> ACTIVITY
Copy all lines of the listing that include the string "However".

- Opening Delimiter -

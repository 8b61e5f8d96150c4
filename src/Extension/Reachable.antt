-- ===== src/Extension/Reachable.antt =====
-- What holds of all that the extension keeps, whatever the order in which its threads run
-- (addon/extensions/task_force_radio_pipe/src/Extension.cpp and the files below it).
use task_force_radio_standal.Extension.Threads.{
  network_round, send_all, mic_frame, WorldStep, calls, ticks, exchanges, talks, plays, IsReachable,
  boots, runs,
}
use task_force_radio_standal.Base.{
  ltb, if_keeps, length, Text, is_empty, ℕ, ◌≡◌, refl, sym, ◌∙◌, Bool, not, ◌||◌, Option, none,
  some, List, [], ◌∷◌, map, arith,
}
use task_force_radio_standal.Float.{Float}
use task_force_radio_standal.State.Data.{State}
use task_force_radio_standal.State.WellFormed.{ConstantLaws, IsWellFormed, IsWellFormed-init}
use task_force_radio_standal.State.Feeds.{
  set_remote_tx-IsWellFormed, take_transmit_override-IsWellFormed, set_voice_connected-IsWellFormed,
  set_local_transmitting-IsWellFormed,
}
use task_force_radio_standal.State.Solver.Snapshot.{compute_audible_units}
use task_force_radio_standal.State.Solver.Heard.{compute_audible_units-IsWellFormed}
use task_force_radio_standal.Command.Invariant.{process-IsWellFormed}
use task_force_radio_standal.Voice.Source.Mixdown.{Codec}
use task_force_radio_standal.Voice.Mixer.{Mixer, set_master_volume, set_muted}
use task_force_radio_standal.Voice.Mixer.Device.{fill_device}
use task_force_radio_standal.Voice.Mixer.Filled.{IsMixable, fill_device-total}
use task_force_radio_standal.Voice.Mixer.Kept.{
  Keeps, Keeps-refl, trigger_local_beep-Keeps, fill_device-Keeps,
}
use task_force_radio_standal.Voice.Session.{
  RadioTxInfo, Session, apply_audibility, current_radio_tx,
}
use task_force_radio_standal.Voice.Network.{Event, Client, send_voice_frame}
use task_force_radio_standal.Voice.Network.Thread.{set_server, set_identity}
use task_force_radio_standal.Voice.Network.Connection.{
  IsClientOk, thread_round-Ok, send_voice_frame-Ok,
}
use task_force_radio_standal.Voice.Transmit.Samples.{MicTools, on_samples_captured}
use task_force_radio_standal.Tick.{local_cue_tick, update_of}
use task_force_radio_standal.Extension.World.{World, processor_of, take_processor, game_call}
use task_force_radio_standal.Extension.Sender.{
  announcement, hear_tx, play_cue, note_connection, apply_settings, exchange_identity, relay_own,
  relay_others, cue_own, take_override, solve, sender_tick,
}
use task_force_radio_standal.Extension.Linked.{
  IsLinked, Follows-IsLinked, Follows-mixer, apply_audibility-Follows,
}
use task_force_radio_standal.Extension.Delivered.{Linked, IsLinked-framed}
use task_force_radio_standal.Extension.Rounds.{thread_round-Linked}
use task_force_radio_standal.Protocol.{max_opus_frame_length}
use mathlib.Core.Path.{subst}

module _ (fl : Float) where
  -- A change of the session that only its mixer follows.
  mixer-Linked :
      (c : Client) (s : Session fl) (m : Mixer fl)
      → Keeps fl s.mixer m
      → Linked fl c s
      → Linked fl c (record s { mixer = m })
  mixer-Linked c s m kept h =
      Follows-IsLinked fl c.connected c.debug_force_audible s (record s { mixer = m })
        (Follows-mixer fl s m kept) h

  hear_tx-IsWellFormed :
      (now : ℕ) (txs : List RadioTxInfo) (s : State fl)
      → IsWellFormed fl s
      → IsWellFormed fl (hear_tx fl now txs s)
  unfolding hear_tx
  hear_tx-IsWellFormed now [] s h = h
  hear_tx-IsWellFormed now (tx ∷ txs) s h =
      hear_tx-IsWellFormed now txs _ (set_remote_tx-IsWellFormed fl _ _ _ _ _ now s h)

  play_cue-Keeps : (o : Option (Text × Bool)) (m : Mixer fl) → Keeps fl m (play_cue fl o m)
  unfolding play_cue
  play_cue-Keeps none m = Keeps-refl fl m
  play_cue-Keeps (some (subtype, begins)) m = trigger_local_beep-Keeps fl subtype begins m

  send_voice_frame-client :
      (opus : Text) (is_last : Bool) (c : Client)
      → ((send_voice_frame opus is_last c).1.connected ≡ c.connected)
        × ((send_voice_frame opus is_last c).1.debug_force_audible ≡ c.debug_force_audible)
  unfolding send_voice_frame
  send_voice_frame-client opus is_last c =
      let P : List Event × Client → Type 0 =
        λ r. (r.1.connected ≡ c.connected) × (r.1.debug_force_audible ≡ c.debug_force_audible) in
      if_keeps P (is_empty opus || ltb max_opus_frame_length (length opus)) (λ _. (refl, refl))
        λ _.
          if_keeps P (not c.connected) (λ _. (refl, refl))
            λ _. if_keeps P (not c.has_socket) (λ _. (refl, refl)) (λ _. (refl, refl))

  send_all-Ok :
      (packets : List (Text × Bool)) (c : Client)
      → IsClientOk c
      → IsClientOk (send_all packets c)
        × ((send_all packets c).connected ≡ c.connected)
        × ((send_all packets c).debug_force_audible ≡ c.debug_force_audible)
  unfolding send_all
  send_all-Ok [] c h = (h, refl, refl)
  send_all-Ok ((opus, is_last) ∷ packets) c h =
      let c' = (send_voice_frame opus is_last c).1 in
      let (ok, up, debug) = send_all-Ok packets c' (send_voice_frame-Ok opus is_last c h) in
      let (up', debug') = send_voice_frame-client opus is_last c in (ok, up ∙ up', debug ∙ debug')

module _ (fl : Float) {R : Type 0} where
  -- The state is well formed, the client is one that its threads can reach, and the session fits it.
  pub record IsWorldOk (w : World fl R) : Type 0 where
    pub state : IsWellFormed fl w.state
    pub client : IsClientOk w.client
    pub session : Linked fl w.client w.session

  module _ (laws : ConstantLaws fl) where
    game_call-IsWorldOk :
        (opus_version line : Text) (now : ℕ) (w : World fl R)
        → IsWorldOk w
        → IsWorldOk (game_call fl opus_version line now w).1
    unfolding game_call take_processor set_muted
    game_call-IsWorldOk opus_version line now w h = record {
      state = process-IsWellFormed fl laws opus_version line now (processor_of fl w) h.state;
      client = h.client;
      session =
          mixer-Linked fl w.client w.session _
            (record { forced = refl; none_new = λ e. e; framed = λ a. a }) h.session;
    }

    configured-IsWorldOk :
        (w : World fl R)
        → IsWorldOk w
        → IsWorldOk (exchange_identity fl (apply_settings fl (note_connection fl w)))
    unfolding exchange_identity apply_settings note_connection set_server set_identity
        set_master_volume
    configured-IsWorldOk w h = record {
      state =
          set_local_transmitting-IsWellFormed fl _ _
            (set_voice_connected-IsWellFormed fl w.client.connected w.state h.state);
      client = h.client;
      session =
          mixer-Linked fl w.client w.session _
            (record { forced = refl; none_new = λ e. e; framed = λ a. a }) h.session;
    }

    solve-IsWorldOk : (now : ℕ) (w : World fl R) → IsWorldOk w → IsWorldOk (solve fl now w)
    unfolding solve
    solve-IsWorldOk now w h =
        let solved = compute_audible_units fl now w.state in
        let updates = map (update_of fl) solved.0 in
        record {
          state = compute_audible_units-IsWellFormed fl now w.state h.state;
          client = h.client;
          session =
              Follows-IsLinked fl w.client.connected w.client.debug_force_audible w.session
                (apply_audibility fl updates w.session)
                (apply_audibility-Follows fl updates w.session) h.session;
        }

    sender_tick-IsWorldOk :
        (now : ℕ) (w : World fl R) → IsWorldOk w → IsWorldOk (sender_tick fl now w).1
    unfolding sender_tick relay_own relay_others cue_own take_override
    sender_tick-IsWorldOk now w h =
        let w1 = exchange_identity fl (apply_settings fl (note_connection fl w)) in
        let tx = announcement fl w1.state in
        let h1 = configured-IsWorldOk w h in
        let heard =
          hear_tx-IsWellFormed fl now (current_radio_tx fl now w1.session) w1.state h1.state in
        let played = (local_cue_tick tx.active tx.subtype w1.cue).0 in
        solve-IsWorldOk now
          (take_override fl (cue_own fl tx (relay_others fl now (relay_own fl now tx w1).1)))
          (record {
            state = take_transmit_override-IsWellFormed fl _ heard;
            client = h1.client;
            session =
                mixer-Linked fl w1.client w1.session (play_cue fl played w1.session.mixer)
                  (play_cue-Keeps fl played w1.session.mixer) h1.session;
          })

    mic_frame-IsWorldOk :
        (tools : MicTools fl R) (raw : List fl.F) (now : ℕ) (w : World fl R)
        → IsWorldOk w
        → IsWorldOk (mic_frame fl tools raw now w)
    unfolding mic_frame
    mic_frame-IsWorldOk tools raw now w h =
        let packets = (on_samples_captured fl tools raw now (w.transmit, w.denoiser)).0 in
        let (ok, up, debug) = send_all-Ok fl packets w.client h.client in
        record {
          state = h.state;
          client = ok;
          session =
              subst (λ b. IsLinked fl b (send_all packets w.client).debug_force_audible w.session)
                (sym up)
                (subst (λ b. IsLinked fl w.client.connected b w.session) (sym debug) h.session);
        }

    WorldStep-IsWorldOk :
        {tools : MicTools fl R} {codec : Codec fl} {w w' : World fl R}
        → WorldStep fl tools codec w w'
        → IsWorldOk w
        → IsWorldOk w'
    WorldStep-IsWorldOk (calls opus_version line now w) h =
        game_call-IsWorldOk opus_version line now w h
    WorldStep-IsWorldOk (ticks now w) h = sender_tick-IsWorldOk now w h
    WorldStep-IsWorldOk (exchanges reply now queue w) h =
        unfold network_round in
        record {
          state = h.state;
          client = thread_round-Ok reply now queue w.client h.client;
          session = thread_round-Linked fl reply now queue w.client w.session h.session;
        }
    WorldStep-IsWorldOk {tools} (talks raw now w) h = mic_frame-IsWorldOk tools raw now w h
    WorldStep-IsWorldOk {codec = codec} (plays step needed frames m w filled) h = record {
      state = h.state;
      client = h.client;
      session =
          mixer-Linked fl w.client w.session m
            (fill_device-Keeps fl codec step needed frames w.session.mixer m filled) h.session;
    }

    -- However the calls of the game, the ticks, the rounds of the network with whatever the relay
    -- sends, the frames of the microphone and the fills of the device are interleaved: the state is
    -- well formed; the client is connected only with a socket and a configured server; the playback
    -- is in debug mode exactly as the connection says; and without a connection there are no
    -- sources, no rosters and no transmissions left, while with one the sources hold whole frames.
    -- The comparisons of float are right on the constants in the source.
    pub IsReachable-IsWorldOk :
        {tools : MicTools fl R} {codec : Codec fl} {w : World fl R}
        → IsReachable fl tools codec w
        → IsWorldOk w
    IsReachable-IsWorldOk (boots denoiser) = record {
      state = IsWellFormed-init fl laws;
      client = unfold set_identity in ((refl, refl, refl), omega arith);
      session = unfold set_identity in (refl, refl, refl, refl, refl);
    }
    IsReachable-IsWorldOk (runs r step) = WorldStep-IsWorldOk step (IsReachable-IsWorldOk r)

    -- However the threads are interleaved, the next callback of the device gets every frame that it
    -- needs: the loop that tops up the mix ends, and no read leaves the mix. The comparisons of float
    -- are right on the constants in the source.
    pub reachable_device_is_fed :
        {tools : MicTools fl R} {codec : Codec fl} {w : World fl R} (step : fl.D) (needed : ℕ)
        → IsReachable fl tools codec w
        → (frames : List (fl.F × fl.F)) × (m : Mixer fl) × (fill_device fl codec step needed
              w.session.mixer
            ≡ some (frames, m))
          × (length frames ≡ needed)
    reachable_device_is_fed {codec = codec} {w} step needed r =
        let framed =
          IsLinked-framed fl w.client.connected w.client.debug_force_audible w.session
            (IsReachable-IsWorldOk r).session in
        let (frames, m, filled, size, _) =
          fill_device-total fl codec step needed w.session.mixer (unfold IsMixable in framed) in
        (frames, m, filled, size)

- Closing Delimiter -

> COMPLETED EXERCISE
    -- However the calls of the game, the ticks, the rounds of the network with whatever the relay
    -- However the threads are interleaved, the next callback of the device gets every frame that it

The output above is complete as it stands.